(Dataset entries)
-=-=-

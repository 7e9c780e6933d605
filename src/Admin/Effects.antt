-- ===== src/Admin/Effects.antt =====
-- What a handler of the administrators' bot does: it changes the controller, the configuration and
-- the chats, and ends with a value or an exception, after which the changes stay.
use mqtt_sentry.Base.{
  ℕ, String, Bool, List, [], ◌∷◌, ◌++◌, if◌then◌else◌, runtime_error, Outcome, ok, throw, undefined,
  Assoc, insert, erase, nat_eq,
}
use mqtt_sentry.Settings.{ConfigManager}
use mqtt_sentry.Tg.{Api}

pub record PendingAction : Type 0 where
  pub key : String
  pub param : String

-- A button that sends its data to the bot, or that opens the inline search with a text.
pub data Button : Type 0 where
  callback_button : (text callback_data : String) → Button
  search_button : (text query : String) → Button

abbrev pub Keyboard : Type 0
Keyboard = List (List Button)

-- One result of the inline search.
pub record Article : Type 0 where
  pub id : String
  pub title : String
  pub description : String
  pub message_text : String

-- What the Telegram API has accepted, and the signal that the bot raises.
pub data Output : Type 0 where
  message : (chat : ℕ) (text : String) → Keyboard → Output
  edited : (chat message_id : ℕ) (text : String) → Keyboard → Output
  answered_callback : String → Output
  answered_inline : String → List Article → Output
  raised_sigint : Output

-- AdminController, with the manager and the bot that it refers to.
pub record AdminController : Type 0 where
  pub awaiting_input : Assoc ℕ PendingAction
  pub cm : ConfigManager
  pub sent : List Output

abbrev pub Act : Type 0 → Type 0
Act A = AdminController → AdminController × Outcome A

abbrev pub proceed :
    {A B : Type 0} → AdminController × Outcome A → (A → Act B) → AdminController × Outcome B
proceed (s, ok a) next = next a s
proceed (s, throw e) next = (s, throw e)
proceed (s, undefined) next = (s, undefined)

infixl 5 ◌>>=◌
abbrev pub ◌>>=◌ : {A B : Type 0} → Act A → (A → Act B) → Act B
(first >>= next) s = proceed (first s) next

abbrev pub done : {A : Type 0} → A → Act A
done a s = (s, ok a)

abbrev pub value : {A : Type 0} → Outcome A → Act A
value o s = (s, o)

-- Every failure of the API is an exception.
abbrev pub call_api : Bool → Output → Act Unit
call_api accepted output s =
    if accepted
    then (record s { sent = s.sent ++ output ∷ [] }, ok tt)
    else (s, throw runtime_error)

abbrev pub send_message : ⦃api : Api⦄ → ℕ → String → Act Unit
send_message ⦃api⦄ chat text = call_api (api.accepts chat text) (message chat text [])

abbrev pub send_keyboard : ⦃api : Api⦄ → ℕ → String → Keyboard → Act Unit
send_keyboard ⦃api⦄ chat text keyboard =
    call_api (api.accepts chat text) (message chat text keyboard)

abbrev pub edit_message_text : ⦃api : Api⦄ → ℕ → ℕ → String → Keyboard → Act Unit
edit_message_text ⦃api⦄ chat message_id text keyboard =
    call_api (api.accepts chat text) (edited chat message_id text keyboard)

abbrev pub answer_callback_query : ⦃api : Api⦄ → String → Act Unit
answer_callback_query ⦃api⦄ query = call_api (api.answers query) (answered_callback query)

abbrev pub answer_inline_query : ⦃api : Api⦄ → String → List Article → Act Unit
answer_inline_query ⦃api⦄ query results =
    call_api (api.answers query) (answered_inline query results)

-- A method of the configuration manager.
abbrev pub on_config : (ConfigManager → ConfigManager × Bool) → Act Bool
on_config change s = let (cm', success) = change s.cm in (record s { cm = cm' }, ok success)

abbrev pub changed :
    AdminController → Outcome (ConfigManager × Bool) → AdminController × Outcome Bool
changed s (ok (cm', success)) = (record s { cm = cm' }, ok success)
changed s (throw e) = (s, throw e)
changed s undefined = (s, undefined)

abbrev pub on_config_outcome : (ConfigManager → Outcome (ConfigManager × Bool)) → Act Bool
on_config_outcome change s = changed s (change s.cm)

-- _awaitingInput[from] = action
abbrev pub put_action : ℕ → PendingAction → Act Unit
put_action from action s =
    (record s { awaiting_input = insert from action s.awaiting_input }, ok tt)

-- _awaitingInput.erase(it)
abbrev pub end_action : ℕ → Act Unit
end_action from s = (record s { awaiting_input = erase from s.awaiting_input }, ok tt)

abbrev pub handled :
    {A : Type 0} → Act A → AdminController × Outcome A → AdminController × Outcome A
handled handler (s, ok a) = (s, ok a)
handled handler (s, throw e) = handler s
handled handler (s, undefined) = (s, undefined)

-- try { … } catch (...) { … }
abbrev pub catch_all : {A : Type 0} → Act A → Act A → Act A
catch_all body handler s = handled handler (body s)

-=-=-

# Assigned task
Return every line from the records above that holds the word "where".

# Problem solution
pub record PendingAction : Type 0 where
pub data Button : Type 0 where
pub record Article : Type 0 where
pub data Output : Type 0 where
pub record AdminController : Type 0 where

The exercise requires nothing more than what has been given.